Should the ritual of making junior house officers work 30- to 36-hour shifts, seen as a rite of passage by some senior doctors, continue or should Singapore be adapting practices to suit the times (Alternatives to house officers' long shifts may come with attendant complications, Feb 11)?
If 30- to 36-hour shifts during normal operations are not recognised as a problem to begin with, then all this talk about mental well-being and taking care of our healthcare workers rings hollow.
As a concerned layman, I wonder if it may be more constructive to not just label this as another "strawberry generation" issue, but instead view it from a broader perspective.
If the civil service were resistant to change, Singapore's civil servants would still be working 5 1/2-day weeks now.
And if we were still focused on getting our soldiers to shine their boots or starch their uniforms till they can stand upright, we might not have the 3G Singapore Armed Forces capabilities today - when the sum of all fighting units acting in unison has become a force multiplier, helping us combat our dwindling manning levels without losing capabilities.
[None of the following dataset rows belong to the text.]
-- ===== src/Tests/Structs.antt =====
-- A struct of migoextract with two fields.
use dingo_hunter.Prelude.{ℕ, ◌≡◌, refl, some, none, [], ◌∷◌, lookup, nat_eq}
use dingo_hunter.Migo.Structs.{
  Storage, found, get_struct_field, set_struct_field, get_at, find_fields, read_at, fields_of,
}
use dingo_hunter.Migo.Structs.Shadowed.{set_struct_field_lem}

-- The variable 1 has the instance 7, whose fields are nil and the instance 8.
abbrev pair : Storage
pair = record {
  locals = (1, 7) ∷ [];
  structs = (7, 0) ∷ [];
  prog_structs = [];
  slices = (0, none ∷ some 8 ∷ []) ∷ [];
}

pair_reads : get_struct_field pair 1 1 ≡ found (some 8)
unfolding get_struct_field get_at find_fields read_at fields_of
pair_reads = refl

set_struct_field_example :
    (i : ℕ) × (lookup 1 pair.locals ≡ some i)
    × ((s' : Storage) × (set_struct_field pair 1 1 9 ≡ some s')
        × (get_struct_field s' 1 1 ≡ found (some i)))
set_struct_field_example = set_struct_field_lem pair 1 1 9 (some 8) pair_reads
According to the 2019 Global Burden of Disease report, while the average life expectancy of Singaporeans is 84.9 years, the healthy average life expectancy is only 73.9 years. That's 11 years spent in ill health needing medical attention.
Even before the pandemic, demand for medical services had increased so much that it was common to wait three to six months to get a referral to see a specialist at a public hospital.
Being a small country with limited manpower, is it practical to expect the public healthcare sector to shoulder the full burden of a pandemic?
The Singapore Armed Forces conducts civil resource requisition exercises to practise activating private sector assets. Should we be looking at formalising something similar for the medical fraternity? And in so doing, is it possible to tweak the system to meet the current manpower crunch we are already facing?
If we don't even have that spare capacity now, what then if the dreaded Disease X should hit us?